Luis es mi primer hijo, cuando nació era un bebé muy irritable, lloraba mucho. El día se pasaba entre darle de lactar, cambiarle pañales y tenerlo en brazos haciéndolo dormir. Su sueño era ligero y no duraba mucho, así que siempre estaba en brazos, era el único modo de no sentirlo chillar. Su modo de lactar era violento, fuerte.

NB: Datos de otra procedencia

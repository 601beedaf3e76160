-- ===== src/Store/Bind.antt =====
-- Steps through a chain of actions.
use manta_indexer.Prelude.{◌≡◌, refl, ap, Bool, true, false, not, if◌then◌else◌}
use manta_indexer.External.{External}
use manta_indexer.Store.{World, Action, Result, Failure, ok, err, in_transaction, ◌>>=◌}

module _ {e : External} {A B : Type 0} where
  -- How a chain goes on from what its first action gives.
  abbrev continue : (A → Action e B) → Result A × World e → Result B × World e
  continue f r = elim r.0 [ ok a ↦ f a r.1 | err x ↦ (err x, r.1) ]

  -- A step that succeeds hands its value and world on.
  pub bind-ok :
      (m : Action e A) (f : A → Action e B) {w w' : World e} {a : A}
      → m w ≡ (ok a, w')
      → (m >>= f) w ≡ f a w'
  unfolding ◌>>=◌
  bind-ok m f h = ap (continue f) h

  -- A step that fails ends the chain.
  pub bind-err :
      (m : Action e A) (f : A → Action e B) {w w' : World e} {x : Failure}
      → m w ≡ (err x, w')
      → (m >>= f) w ≡ (err x, w')
  unfolding ◌>>=◌
  bind-err m f h = ap (continue f) h

module _ {e : External} {A : Type 0} where
  abbrev committed : World e → Result A × World e → Result A × World e
  committed w r = elim r.0 [
    | ok a ↦ (ok a, r.1)
    | err x ↦ (err x, record r.1 { tables = w.tables })
  ]

  -- A transaction whose work succeeds keeps it.
  pub in_transaction-ok :
      (m : Action e A) {w w' : World e} {a : A} → m w ≡ (ok a, w') → in_transaction m w ≡ (ok a, w')
  unfolding in_transaction
  in_transaction-ok m {w} h = ap (committed w) h

-- A loop's end, `if !should_continue { break; }`.
module _ {e : External} {B : Type 0} (more : Bool) (m rest : Action e B) (w : World e) where
  pub stop : more ≡ false → (if not more then m else rest) w ≡ m w
  stop over = rw over refl

  pub go_on : more ≡ true → (if not more then m else rest) w ≡ rest w
  go_on goes = rw goes refl
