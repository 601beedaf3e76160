-- ===== src/Ledger/Growth.antt =====
-- A ledger that grows at the ends of its lists, and the checkpoint that marks where they end.
use manta_indexer.Prelude.{ℕ, ◌<◌, ◌≡◌, ◌++◌, length, get_or, get_elem?-append_left}
use manta_indexer.External.{Bytes, External}
use manta_indexer.Types.{SenderChunk, ReceiverChunk, Checkpoint}
use manta_indexer.Ledger.{Ledger, Held, Holds}

module _ (e : External) where
  abbrev pub extend : Ledger e → (ℕ → ReceiverChunk e) → SenderChunk e → Ledger e
  extend l added new = record { shard = λ s. l.shard s ++ added s; senders = l.senders ++ new }

  -- The checkpoint of a ledger: the length of each of the 256 shards, and of the senders.
  pub record Marks (c : Checkpoint) (l : Ledger e) : Type 0 where
    pub width : length c.receiver_index ≡ 256
    pub shards : (s : ℕ) → s < 256 → get_or c.receiver_index s 0 ≡ length (l.shard s)
    pub senders : c.sender_index ≡ length l.senders

  module _ (l : Ledger e) (added : ℕ → ReceiverChunk e) (new : SenderChunk e) where
    Held-extend : (k : ℕ) (v : Bytes) → Held e l k v → Held e (extend l added new) k v
    Held-extend k v h = record {
      of_receiver = λ s u lt q.
          let (x, found, encoded) = h.of_receiver s u lt q in
          (x, get_elem?-append_left (l.shard s) (added s) _ x found, encoded);
      of_sender = λ u q.
          let (x, found, encoded) = h.of_sender u q in
          (x, get_elem?-append_left l.senders new _ x found, encoded);
    }

    -- A cache that agrees with a ledger agrees with what it grows to.
    pub Holds-extend : (c : e.lru.Cache) → Holds e c l → Holds e c (extend l added new)
    Holds-extend c holds k v hit = Held-extend k v (holds k v hit)
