-- ===== src/Pull/Window.antt =====
-- A request for the `m` entries from index `i` on, against the list that is stored: what the cache
-- answers, and what it leaves to the database (`scan_cached`, src/indexer/pull.rs).
use manta_indexer.Prelude.{
  ℕ, zero, suc, ◌+◌, ◌<◌, ◌≡◌, ap, ◌∙◌, Bool, true, false, not, Option, none, some, List, [], ◌∷◌,
  ◌++◌, map, append-nil, take-nil, append_assoc, length, filter, range, numbered, take, get_elem?,
  arith, Option-cases, inl, inr,
}
use manta_indexer.External.{Bytes, External, Codec}
use manta_indexer.Store.{World, ok}
use manta_indexer.Pull.{Scan, scan_cached}

abbrev pub is_cached : (ℕ → Option Bytes) → ℕ → Bool
is_cached p u = elim (p u) [ none ↦ false | some _ ↦ true ]

abbrev pub values : {A : Type 0} → List (ℕ × A) → List A
values = map (λ x. x.1)

-- The part of a numbered list that the cache holds.
abbrev pub hits : {A : Type 0} → (ℕ → Option Bytes) → List (ℕ × A) → List (ℕ × A)
hits p = filter (λ x. is_cached p x.0)

-- The indices of a request that the cache does not hold.
abbrev pub misses : (ℕ → Option Bytes) → ℕ → ℕ → List ℕ
misses p i m = filter (λ u. not (is_cached p u)) (range i m)

abbrev pub Agrees : {A : Type 0} → Codec A → (ℕ → Option Bytes) → ℕ → ℕ → List A → Type 0
Agrees {A} c p i m xs =
    (j : ℕ) (v : Bytes)
    → j < m
    → p (i + j) ≡ some v
    → (x : A) × (get_elem? xs j ≡ some x) × (v ≡ c.encode x)

module _ (e : External) {A : Type 0} (c : Codec A) (p : ℕ → Option Bytes) where
  abbrev after_scan : ℕ → ℕ → List A → Scan A → Scan A
  after_scan i m xs s = record {
    items = s.items ++ values (hits p (numbered i (take m xs)));
    cached_values = s.cached_values + length (hits p (numbered i (take m xs)));
    query_db_indices = s.query_db_indices ++ misses p i m;
  }

  Agrees-tail :
      (i m : ℕ) (x : A) (xs : List A) → Agrees c p i (suc m) (x ∷ xs) → Agrees c p (i + 1) m xs
  Agrees-tail i m x xs h j v lt q = h (suc j) v (omega arith) (ap p (omega arith) ∙ q)

  Agrees-nil : (i m : ℕ) → Agrees c p i (suc m) [] → Agrees c p (i + 1) m []
  Agrees-nil i m h j v lt q = h (suc j) v (omega arith) (ap p (omega arith) ∙ q)

  scan_miss :
      (i : ℕ) (vs : List (Option Bytes)) (is : List ℕ) (s : Scan A) (w : World e)
      → p i ≡ none
      → scan_cached e c.decode (p i ∷ vs) (i ∷ is) s w
        ≡ scan_cached e c.decode vs is
            (record s { query_db_indices = s.query_db_indices ++ i ∷ [] })
            w
  unfolding scan_cached
  scan_miss i vs is s w h = rw (h, scan_cached)

  scan_hit :
      (i : ℕ) (vs : List (Option Bytes)) (is : List ℕ) (x : A) (s : Scan A) (w : World e)
      → p i ≡ some (c.encode x)
      → scan_cached e c.decode (p i ∷ vs) (i ∷ is) s w
        ≡ scan_cached e c.decode vs is
            (record s { items = s.items ++ x ∷ []; cached_values = s.cached_values + 1 })
            w
  unfolding scan_cached
  scan_hit i vs is x s w h = rw (h, scan_cached) (rw (c.decode-encode x))

  scan_none :
      (i : ℕ) (xs : List A) (s : Scan A) (w : World e)
      → scan_cached e c.decode [] [] s w ≡ (ok (after_scan i 0 xs s), w)
  unfolding scan_cached
  scan_none i xs s w = ground (arith, append-nil s.items, append-nil s.query_db_indices)

  first_hit :
      (i m : ℕ) (x : A) (xs : List A) (v : Bytes)
      → Agrees c p i (suc m) (x ∷ xs)
      → p i ≡ some v
      → p i ≡ some (c.encode x)
  first_hit i m x xs v h hit =
      let found = h 0 v (omega arith) (ap p (omega arith) ∙ hit) in ground (arith, found.1, found.2)

  pub scan_cached-eq :
      (i m : ℕ) (xs : List A) (s : Scan A) (w : World e)
      → Agrees c p i m xs
      → scan_cached e c.decode (map p (range i m)) (range i m) s w ≡ (ok (after_scan i m xs s), w)
  scan_cached-eq i zero xs s w h = scan_none i xs s w
  scan_cached-eq i (suc m) [] s w h = elim (Option-cases (p i)) [
    | inl miss ↦
        scan_miss i _ _ s w miss
        ∙ scan_cached-eq (i + 1) m [] _ w (Agrees-nil i m h)
        ∙ ground (
          arith,
          take-nil {A = A} m,
          append_assoc s.query_db_indices (i ∷ []) (misses p (i + 1) m),
        )
    | inr (v, hit) ↦
        (let absent = h 0 v (omega arith) (ap p (omega arith) ∙ hit) in absurd (cc absent.1))
  ]
  scan_cached-eq i (suc m) (x ∷ xs) s w h = elim (Option-cases (p i)) [
    | inl miss ↦
        scan_miss i _ _ s w miss
        ∙ scan_cached-eq (i + 1) m xs _ w (Agrees-tail i m x xs h)
        ∙ ground (arith, append_assoc s.query_db_indices (i ∷ []) (misses p (i + 1) m))
    | inr (v, hit) ↦
        scan_hit i _ _ x s w (first_hit i m x xs v h hit)
        ∙ scan_cached-eq (i + 1) m xs _ w (Agrees-tail i m x xs h)
        ∙ ground
            (arith, append_assoc s.items (x ∷ []) (values (hits p (numbered (i + 1) (take m xs)))))
  ]
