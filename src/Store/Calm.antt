-- ===== src/Store/Calm.antt =====
-- Statements in a world where none fails: a query reads the tables and changes nothing, and an
-- update changes the tables alone.
use manta_indexer.Prelude.{List, [], ◌∷◌, ◌≡◌, refl}
use manta_indexer.External.{External}
use manta_indexer.Store.{
  Tables, World, Result, ok, err, sqlx, row_not_found, statement, query, execute, first_row,
  fetch_one,
}

abbrev pub first_of_rows : {A : Type 0} → List A → Result A
first_of_rows [] = err (sqlx row_not_found)
first_of_rows (r ∷ rs) = ok r

first_row-eq :
    {e : External} {A : Type 0} (rows : List A) (w : World e)
    → first_row rows w ≡ (first_of_rows rows, w)
first_row-eq [] w = refl
first_row-eq (r ∷ rs) w = refl

module _ {e : External} (w : World e) (calm : w.faults ≡ []) where
  pub statement-calm :
      {A : Type 0} (run : Tables → A × Tables)
      → statement run w ≡ (ok (run w.tables).0, record w { tables = (run w.tables).1 })
  unfolding statement
  statement-calm run = rw calm

  pub query-calm : {A : Type 0} (f : Tables → A) → query f w ≡ (ok (f w.tables), w)
  query-calm f = statement-calm (λ t. (f t, t))

  pub execute-calm : (f : Tables → Tables) → execute f w ≡ (ok tt, record w { tables = f w.tables })
  execute-calm f = statement-calm (λ t. (tt, f t))

  pub fetch_one-calm :
      {A : Type 0} (f : Tables → List A) → fetch_one f w ≡ (first_of_rows (f w.tables), w)
  unfolding fetch_one
  fetch_one-calm f = rw calm (first_row-eq (f w.tables) (record w { faults = [] }))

Cuando creció, su genio se fue agudizando, a los dos años se aburría de todo, era incapaz de mantener su atención fija por tres minutos en un juguete determinado y siempre estaba gritando o tirando cosas. Se frustraba con mucha facilidad.

A los tres años fue al nido y las cosas no mejoraron porque no sabía jugar con otros niños ni le interesaba aprender a hacerlo. Se peleaba siempre y se aislaba del grupo, quedándose por unos momentos sin hacer nada, para luego ponerse a jugar por su cuenta por pocos minutos. Las profesoras no sabían cómo tratarlo y nosotros en casa tampoco.

Todos pensaban que se trataba simplemente de un engreimiento terrible. Yo sentía que había algo más de eso, pero no sabía a dónde llevarlo. Incluso los pediatras me aconsejaban simplemente ser menos tolerante con el niño y ponerle más límites.

Cuando entró al colegio las cosas tampoco mejoraron. Continuaba aislándose y desarrolló conductas agresivas. La psicóloga del colegio pensaba que su reacción se debía al divorcio por el que su papá y yo estábamos pasando. Yo continuaba pensando que había algo más.

Como la situación no cambiaba y el cansancio por parte mía era ya muy grande, me decidí, dándole la contra a muchos amigos y familiares, a llevarlo donde un neurólogo. Luego de aproximadamente una hora de consulta, el diagnóstico fue: Déficit de Atención sin hiperactividad significativa y, además, un comportamiento negativista desafiante.

El tratamiento que recomendó el neurólogo fue Ritalin, para comenzar, y en cuanto se pudiera —pues yo le dije que no disponía de medios económicos— hacer terapia conductual. A la semana de estar tomando el medicamento, los cambios fueron sustanciales. Ya no se desesperaba al momento de hacer las tareas (ya tenía 6 años), no lloraba tanto, su humor mejoró notablemente, iba contento al colegio y sus notas subieron. Como las cosas le comenzaron a salir mejor, su baja autoestima comenzó a crecer.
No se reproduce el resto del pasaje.